» **TASK INSTRUCTIONS**: The line containing "(i : ℕ) (err" marks the end: restate word for word every line from the first line of the entries below through that one.

Top of DATASET EXCERPTS

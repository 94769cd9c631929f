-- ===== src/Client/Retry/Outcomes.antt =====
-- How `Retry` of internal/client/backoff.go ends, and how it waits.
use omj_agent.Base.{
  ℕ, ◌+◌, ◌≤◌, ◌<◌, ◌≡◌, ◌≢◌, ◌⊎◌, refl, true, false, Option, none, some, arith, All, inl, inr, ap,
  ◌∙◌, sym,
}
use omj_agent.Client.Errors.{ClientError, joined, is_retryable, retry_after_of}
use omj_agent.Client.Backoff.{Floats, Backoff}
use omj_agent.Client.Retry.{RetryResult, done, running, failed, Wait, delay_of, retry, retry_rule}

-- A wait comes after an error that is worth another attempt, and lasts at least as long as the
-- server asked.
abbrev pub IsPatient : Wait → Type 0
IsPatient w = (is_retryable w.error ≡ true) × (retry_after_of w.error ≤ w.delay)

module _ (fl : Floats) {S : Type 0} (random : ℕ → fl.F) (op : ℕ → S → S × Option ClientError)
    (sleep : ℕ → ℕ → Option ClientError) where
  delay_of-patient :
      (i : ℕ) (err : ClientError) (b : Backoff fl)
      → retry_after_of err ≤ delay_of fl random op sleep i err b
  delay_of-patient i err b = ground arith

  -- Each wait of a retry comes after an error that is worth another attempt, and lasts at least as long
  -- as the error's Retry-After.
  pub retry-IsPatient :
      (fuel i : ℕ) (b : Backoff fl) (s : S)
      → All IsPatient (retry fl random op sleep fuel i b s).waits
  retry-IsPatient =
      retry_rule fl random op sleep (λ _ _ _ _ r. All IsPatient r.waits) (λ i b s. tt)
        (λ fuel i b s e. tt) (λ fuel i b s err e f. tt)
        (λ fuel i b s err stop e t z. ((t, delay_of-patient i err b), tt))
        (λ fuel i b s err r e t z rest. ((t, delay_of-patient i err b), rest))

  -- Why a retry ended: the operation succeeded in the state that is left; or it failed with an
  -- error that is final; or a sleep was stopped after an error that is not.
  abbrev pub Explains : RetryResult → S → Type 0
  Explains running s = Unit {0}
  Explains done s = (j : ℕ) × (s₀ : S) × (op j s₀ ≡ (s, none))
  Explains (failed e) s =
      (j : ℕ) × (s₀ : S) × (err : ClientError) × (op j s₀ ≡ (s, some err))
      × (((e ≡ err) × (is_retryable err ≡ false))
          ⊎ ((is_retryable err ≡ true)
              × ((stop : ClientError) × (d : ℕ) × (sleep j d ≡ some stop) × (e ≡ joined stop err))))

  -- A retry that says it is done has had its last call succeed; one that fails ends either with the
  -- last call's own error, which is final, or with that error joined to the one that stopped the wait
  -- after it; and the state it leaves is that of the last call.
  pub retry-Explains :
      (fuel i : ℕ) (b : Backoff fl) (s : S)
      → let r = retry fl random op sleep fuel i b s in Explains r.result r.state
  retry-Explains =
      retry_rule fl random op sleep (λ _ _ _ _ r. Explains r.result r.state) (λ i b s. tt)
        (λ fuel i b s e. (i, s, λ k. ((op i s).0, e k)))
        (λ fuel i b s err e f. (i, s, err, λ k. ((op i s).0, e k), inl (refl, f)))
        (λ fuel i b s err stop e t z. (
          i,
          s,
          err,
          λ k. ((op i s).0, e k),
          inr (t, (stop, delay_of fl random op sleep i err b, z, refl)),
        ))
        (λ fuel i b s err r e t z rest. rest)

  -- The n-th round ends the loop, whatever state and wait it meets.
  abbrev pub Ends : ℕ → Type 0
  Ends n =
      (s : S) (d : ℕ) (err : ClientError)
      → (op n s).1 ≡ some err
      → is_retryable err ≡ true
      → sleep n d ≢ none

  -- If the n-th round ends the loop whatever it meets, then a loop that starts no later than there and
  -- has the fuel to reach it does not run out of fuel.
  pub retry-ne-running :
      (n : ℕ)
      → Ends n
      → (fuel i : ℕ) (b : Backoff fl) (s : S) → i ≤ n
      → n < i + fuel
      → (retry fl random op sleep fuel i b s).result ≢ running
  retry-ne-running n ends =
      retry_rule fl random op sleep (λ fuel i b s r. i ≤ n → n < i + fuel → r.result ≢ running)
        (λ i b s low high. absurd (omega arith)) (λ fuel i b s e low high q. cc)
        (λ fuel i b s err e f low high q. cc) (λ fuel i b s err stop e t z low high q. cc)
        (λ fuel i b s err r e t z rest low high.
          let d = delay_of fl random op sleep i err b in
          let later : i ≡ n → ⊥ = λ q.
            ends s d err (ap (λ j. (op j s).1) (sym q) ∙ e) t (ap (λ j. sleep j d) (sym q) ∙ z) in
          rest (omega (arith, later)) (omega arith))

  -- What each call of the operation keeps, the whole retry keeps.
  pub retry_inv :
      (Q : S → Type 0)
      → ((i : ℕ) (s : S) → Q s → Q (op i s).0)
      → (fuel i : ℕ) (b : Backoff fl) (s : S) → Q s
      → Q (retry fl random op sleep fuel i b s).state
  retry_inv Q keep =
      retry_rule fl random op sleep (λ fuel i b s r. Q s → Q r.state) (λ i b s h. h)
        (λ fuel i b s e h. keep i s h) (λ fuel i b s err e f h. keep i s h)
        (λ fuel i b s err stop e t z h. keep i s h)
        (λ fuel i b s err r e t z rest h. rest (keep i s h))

Bottom of DATASET EXCERPTS

» **TASK ANSWER**:
repository 94769cd9c631929f
-- ===== src/Client/Retry/Outcomes.antt =====
-- How `Retry` of internal/client/backoff.go ends, and how it waits.
use omj_agent.Base.{
  ℕ, ◌+◌, ◌≤◌, ◌<◌, ◌≡◌, ◌≢◌, ◌⊎◌, refl, true, false, Option, none, some, arith, All, inl, inr, ap,
  ◌∙◌, sym,
}
use omj_agent.Client.Errors.{ClientError, joined, is_retryable, retry_after_of}
use omj_agent.Client.Backoff.{Floats, Backoff}
use omj_agent.Client.Retry.{RetryResult, done, running, failed, Wait, delay_of, retry, retry_rule}

-- A wait comes after an error that is worth another attempt, and lasts at least as long as the
-- server asked.
abbrev pub IsPatient : Wait → Type 0
IsPatient w = (is_retryable w.error ≡ true) × (retry_after_of w.error ≤ w.delay)

module _ (fl : Floats) {S : Type 0} (random : ℕ → fl.F) (op : ℕ → S → S × Option ClientError)
    (sleep : ℕ → ℕ → Option ClientError) where
  delay_of-patient :
      (i : ℕ) (err : ClientError) (b : Backoff fl)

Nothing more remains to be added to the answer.